● **Problem details**
Repeat exactly, and only, the lines below starting at the line that contains "Bracketed-inside t (ended" and ending at the line that contains "Bracketed-append o p q [] gx h k = rw h k", inclusive of both.
── Material supplied
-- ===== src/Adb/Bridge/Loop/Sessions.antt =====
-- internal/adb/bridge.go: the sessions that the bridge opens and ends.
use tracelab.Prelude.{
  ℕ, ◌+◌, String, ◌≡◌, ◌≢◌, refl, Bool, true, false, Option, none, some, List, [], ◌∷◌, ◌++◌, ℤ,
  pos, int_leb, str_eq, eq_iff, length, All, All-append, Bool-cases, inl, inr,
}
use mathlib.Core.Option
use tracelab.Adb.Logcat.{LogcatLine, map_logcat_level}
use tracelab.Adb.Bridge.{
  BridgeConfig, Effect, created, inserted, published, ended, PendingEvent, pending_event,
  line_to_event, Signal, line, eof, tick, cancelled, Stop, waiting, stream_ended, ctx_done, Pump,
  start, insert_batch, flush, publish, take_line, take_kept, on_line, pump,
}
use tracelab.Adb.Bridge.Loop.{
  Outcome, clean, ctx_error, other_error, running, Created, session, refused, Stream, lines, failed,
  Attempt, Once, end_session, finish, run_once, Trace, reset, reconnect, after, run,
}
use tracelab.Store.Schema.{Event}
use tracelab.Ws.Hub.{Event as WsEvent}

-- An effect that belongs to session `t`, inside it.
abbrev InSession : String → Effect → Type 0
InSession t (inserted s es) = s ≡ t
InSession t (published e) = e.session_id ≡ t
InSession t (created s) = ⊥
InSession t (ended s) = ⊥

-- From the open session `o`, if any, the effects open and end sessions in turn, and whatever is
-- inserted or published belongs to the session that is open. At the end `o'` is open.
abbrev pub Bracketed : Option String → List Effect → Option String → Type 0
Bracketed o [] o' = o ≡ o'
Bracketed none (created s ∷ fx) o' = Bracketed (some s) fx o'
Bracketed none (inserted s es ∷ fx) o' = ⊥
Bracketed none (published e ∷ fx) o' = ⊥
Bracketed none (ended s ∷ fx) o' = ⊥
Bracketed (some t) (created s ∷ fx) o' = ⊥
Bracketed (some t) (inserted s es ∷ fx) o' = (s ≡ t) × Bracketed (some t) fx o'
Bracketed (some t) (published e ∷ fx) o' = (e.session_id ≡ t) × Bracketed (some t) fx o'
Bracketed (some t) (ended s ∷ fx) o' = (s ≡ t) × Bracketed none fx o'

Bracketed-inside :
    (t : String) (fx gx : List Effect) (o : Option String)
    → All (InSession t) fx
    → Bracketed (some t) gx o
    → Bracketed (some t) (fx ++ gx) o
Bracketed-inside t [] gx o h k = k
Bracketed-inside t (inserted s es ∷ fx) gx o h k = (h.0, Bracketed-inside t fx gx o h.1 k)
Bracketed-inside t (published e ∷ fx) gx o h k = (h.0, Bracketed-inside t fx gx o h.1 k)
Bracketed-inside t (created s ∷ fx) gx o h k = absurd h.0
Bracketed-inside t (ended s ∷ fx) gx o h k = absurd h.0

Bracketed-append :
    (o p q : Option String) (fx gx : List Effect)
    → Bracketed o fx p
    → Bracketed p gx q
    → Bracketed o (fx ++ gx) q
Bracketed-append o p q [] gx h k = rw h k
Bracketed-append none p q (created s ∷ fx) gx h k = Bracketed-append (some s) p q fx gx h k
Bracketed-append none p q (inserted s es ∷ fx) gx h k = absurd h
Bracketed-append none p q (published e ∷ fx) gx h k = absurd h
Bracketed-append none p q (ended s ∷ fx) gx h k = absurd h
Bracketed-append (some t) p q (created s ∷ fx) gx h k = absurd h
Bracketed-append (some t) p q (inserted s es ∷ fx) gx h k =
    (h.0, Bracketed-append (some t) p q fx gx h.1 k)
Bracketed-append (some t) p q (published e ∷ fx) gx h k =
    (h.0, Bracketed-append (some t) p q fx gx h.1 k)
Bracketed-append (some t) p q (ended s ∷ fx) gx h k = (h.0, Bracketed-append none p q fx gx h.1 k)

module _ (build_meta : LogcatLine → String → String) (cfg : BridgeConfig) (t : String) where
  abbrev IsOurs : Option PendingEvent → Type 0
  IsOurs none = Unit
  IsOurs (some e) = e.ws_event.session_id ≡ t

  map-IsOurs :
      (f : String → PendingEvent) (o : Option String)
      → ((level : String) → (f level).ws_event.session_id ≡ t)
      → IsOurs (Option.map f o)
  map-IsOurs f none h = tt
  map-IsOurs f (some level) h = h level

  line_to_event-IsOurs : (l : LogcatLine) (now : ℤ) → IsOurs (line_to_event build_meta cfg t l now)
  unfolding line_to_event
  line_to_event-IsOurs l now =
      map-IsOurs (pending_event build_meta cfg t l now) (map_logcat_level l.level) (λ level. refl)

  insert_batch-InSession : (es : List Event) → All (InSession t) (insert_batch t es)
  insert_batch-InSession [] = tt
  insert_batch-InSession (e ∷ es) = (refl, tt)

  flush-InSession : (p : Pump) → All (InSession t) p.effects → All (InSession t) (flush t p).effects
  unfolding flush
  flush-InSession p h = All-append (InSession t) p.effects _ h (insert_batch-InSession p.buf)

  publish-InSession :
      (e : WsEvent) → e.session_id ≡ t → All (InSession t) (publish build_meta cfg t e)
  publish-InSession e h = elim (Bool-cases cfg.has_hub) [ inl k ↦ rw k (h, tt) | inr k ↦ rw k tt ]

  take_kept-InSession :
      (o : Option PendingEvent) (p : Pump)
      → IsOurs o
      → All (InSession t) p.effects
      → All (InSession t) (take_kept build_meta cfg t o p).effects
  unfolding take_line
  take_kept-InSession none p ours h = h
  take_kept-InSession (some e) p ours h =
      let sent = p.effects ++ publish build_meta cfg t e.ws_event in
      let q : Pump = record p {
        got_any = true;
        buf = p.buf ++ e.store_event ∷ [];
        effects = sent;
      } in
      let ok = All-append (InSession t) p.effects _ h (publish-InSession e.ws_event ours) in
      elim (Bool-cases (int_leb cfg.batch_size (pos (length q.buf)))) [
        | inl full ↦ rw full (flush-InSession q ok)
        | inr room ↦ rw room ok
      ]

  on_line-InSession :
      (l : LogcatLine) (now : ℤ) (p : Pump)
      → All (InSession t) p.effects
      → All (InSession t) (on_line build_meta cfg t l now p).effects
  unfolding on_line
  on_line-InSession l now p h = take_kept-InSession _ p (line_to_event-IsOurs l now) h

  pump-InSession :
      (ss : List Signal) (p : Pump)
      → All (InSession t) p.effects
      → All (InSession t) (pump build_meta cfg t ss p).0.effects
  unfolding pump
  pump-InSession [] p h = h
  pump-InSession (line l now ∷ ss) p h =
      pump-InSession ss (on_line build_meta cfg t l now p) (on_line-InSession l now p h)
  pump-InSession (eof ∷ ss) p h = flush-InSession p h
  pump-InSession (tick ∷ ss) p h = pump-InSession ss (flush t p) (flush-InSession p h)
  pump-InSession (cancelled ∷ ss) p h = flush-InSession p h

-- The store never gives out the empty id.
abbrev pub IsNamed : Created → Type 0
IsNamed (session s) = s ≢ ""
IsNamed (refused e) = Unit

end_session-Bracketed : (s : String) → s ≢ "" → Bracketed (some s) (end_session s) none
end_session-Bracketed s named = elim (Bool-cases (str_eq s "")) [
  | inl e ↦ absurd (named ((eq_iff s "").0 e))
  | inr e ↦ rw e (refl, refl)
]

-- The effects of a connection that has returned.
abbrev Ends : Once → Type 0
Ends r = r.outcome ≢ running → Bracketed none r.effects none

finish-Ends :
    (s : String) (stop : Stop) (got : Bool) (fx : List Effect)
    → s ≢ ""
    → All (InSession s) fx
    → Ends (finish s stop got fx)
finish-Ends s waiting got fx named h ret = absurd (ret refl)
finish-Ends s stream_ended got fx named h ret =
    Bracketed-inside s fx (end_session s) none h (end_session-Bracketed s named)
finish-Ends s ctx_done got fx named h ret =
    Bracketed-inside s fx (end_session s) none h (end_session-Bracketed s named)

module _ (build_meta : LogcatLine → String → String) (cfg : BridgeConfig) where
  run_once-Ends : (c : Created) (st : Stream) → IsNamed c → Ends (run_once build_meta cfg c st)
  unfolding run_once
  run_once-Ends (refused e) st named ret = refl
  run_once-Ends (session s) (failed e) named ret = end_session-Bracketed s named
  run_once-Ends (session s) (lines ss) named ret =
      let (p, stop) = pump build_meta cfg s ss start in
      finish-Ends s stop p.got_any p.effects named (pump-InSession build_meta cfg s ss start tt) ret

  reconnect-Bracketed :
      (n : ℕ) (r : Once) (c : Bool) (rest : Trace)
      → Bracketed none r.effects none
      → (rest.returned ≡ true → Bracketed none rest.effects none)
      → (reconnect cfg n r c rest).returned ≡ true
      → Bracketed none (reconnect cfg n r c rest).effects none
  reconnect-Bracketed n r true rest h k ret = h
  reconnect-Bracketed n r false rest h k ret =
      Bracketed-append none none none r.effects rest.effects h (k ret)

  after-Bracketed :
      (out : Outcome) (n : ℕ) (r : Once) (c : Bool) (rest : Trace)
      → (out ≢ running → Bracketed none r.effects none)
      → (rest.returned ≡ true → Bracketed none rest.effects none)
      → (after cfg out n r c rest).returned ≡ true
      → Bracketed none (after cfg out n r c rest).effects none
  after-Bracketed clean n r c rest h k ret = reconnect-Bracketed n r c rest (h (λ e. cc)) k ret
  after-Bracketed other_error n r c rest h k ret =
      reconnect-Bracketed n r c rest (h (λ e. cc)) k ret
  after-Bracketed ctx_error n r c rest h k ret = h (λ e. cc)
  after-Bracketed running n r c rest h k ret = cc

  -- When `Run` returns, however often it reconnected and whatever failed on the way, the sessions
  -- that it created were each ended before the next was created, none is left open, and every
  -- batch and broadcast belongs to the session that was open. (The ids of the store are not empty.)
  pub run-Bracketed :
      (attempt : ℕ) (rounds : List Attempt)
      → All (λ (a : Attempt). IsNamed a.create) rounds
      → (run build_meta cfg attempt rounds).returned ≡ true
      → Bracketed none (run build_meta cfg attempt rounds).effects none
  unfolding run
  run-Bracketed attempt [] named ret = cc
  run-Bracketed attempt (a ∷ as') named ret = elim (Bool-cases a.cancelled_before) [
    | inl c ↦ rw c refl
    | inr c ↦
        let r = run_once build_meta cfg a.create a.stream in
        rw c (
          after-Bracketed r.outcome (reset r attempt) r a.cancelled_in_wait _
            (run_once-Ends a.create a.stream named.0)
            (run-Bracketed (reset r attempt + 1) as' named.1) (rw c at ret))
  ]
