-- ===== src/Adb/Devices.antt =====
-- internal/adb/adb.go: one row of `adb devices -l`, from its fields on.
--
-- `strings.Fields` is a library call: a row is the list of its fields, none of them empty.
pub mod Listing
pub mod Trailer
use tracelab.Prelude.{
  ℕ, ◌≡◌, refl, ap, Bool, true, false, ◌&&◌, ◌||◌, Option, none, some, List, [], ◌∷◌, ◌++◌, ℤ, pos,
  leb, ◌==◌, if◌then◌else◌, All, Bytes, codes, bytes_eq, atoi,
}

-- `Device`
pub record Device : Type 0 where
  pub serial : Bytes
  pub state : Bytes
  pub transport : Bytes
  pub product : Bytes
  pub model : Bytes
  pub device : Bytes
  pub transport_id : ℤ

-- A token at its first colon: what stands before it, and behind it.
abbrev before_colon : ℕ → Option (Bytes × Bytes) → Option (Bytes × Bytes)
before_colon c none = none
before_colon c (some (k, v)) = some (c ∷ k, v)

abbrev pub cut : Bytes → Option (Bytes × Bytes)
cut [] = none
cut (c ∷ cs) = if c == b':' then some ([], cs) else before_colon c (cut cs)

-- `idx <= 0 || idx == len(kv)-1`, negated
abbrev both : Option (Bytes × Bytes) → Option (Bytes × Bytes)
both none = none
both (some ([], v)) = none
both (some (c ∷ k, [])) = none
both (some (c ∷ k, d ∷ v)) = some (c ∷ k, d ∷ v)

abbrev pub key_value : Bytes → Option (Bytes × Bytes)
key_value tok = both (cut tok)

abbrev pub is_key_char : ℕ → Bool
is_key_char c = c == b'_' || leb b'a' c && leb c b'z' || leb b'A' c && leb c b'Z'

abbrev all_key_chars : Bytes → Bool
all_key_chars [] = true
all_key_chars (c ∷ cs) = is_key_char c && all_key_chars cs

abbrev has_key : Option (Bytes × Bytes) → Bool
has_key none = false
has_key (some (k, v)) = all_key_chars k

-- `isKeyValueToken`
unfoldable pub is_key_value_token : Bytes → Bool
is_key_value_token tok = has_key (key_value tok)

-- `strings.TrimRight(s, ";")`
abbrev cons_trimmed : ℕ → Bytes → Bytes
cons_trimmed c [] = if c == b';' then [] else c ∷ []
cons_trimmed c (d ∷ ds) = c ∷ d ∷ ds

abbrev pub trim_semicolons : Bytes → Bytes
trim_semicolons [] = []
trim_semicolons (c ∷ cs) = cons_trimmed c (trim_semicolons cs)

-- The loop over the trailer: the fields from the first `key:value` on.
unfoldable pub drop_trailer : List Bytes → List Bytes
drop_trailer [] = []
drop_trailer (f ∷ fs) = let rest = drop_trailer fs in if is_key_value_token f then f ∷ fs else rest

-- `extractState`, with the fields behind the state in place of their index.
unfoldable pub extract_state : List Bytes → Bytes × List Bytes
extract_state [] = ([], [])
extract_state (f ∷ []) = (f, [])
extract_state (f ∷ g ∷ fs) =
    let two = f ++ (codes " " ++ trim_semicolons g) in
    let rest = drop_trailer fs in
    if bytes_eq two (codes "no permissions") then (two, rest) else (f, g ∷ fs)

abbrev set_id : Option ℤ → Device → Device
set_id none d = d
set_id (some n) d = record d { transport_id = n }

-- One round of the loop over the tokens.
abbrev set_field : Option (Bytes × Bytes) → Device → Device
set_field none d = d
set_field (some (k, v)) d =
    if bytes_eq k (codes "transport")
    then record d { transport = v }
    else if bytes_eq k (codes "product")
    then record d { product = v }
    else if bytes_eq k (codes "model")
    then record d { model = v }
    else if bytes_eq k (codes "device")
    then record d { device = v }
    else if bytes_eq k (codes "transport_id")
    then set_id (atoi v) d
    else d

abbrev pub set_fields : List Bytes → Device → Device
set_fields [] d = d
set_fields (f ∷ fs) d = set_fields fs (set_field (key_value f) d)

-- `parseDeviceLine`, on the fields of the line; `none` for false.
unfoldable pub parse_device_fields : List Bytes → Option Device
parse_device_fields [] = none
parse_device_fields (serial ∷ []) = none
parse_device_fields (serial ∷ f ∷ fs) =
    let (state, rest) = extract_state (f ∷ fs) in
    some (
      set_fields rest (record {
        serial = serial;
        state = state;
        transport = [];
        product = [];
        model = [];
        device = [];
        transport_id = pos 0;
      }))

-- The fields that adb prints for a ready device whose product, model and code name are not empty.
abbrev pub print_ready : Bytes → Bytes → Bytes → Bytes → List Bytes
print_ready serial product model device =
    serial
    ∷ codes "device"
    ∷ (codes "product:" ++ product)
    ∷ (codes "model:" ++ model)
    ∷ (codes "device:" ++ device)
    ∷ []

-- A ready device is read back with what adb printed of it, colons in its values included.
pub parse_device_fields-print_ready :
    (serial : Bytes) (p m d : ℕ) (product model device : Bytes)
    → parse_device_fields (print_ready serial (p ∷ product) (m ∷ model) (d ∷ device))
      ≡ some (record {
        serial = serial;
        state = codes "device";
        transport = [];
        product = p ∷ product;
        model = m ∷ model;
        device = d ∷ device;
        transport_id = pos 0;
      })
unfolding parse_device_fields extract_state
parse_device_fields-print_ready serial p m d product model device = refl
────
── Material supplied
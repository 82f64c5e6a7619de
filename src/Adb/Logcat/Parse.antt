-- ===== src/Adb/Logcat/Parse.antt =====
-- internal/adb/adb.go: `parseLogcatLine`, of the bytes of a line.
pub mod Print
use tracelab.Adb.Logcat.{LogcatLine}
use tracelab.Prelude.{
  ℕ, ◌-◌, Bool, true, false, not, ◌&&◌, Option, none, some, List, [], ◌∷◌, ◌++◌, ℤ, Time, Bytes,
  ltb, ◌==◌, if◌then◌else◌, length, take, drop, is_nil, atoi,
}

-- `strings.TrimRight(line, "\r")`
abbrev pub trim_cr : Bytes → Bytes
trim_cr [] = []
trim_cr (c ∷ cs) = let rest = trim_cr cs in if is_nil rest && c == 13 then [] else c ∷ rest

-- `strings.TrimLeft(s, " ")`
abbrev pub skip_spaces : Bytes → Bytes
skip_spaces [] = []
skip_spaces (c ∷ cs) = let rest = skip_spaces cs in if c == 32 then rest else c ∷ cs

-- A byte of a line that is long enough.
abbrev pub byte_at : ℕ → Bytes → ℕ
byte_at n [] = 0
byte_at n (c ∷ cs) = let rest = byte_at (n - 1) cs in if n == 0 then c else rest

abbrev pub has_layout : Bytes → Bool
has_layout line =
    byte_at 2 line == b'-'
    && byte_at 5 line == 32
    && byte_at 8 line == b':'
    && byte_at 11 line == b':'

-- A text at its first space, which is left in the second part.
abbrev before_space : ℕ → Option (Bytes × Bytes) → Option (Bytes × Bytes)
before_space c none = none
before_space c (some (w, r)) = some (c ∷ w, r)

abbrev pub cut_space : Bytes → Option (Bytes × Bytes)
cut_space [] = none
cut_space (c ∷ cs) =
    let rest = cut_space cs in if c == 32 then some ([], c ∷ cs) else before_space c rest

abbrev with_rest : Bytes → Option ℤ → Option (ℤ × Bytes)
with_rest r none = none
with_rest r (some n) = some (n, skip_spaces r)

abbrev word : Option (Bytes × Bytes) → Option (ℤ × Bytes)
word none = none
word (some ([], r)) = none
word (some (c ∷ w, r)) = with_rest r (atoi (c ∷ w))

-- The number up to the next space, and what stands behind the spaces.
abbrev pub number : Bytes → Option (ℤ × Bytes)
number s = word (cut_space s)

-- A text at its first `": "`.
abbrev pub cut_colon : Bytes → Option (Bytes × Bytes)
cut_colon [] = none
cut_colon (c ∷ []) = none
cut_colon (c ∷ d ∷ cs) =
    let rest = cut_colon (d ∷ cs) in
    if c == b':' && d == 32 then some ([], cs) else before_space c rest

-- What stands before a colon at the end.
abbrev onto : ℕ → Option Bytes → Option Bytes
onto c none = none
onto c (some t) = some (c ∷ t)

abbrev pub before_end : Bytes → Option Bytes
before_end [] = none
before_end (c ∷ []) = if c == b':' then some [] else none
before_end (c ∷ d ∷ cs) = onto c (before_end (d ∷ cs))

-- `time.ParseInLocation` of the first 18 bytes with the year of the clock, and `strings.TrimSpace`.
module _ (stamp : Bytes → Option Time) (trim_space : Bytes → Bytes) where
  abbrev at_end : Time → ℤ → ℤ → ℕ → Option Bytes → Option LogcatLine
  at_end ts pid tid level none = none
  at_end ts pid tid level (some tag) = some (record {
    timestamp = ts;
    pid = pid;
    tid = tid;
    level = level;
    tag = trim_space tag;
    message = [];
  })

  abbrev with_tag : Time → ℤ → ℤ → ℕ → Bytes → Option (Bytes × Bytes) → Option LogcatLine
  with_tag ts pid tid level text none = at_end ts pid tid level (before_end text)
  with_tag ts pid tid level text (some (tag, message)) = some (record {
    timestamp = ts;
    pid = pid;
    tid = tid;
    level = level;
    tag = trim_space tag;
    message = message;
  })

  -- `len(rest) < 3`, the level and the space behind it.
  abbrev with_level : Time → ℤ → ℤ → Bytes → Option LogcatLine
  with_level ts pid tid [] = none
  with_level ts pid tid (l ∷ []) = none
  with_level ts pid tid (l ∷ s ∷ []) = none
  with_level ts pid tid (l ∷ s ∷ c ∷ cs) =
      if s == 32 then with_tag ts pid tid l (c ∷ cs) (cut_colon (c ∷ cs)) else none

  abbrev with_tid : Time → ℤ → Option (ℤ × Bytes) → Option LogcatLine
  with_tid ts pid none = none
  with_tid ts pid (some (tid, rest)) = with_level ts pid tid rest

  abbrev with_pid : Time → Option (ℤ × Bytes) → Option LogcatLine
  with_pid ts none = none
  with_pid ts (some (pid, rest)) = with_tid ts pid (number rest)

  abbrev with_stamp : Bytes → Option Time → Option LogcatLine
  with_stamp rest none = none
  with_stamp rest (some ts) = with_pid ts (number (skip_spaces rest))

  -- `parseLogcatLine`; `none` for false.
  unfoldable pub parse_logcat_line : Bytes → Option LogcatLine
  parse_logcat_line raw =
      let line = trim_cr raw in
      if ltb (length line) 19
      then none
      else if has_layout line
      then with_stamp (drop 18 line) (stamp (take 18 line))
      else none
────
── Material supplied
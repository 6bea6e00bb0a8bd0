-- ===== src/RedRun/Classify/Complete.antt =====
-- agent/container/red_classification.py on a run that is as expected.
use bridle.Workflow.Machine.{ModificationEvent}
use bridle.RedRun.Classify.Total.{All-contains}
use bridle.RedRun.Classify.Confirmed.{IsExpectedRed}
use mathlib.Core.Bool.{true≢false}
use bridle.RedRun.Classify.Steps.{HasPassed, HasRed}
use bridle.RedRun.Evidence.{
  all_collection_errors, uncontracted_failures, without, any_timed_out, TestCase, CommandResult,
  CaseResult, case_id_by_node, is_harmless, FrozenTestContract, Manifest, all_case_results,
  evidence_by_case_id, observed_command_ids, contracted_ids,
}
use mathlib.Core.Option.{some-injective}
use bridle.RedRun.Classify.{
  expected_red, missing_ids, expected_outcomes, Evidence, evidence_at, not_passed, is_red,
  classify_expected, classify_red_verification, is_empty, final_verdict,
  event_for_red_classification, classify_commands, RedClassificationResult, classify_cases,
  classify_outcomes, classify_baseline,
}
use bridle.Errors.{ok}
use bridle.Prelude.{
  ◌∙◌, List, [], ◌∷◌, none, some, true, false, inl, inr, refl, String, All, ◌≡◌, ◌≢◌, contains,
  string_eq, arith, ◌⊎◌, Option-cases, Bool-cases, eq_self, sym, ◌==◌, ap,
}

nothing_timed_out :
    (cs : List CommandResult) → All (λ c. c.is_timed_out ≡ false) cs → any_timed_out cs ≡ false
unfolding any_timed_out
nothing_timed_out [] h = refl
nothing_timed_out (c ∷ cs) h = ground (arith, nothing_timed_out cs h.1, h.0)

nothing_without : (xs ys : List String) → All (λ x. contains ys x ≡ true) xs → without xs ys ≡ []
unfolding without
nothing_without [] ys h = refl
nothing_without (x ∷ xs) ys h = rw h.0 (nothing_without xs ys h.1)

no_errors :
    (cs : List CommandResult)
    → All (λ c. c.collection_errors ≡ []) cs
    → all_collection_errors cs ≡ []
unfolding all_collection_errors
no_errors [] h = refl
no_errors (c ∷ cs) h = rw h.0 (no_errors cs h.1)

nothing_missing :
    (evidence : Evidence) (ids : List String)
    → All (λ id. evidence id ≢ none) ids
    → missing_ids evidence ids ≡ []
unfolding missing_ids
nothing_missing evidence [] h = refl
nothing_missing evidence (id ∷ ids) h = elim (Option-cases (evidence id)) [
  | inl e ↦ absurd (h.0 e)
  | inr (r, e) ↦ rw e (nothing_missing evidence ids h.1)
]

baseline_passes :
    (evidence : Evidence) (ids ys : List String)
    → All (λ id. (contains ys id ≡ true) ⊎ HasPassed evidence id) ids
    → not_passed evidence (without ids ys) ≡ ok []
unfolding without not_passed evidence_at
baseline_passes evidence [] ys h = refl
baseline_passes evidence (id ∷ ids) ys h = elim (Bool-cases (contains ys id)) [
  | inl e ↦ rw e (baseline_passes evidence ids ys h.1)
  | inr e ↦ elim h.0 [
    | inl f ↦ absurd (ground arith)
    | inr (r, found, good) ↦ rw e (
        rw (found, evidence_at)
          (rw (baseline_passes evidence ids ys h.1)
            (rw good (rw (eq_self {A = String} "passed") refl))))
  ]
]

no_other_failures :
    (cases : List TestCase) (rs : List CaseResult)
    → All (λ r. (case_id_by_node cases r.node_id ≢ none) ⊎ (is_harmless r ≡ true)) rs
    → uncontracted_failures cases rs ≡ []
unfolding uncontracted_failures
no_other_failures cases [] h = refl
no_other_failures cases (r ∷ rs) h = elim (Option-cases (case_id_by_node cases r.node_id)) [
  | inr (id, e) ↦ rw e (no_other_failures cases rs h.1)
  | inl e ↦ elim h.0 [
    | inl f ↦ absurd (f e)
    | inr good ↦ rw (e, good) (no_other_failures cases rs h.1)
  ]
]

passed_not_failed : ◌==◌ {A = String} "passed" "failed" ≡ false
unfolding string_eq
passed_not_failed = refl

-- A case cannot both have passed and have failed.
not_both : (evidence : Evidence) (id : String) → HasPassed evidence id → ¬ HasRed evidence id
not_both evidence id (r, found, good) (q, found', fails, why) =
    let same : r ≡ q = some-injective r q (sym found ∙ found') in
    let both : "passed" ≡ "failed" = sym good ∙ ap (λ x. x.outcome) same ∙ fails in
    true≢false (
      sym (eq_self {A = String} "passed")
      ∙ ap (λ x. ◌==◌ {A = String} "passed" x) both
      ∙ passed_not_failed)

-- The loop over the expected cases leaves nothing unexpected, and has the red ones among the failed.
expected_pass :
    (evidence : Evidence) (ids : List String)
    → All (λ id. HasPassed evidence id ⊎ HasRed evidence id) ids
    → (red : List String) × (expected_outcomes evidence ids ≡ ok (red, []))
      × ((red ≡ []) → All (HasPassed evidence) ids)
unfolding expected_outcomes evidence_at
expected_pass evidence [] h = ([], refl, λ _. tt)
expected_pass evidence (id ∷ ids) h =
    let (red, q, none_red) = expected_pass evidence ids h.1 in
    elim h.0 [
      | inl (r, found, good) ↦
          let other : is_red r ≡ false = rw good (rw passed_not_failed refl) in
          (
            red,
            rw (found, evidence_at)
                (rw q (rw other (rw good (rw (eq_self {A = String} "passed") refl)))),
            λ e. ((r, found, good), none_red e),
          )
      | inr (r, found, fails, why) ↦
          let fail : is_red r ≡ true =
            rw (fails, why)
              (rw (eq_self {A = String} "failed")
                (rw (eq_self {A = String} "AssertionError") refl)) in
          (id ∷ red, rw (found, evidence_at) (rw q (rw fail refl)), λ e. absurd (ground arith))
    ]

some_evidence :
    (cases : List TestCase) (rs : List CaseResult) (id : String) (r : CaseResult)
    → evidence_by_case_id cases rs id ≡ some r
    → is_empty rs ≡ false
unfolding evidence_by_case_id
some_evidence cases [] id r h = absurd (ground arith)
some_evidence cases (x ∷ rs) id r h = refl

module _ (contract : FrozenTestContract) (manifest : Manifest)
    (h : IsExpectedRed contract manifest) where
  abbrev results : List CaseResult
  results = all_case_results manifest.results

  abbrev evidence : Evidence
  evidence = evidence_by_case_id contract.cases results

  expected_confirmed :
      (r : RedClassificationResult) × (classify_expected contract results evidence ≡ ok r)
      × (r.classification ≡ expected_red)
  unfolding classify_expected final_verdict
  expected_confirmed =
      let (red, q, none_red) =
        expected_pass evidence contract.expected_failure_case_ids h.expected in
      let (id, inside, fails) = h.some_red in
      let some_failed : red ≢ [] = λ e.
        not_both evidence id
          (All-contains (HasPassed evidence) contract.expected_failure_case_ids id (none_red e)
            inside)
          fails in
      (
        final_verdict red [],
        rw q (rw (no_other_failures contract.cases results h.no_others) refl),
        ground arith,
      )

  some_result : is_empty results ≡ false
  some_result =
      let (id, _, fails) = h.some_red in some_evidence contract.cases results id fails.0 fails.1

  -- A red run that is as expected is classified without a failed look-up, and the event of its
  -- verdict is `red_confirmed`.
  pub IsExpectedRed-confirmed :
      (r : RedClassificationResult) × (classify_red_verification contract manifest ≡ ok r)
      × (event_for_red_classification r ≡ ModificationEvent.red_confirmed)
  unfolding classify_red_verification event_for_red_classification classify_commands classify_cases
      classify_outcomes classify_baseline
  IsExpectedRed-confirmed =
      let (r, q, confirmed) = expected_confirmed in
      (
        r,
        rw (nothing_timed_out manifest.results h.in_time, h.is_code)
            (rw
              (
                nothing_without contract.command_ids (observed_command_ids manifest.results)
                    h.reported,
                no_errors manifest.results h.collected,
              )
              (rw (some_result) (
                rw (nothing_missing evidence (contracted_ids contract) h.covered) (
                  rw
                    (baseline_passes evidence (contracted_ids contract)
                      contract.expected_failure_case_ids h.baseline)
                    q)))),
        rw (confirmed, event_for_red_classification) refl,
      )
────
● **Task result**
Bracketed-inside t (ended s ∷ fx) gx o h k = absurd h.0

Bracketed-append :
    (o p q : Option String) (fx gx : List Effect)
    → Bracketed o fx p
    → Bracketed p gx q
    → Bracketed o (fx ++ gx) q
Bracketed-append o p q [] gx h k = rw h k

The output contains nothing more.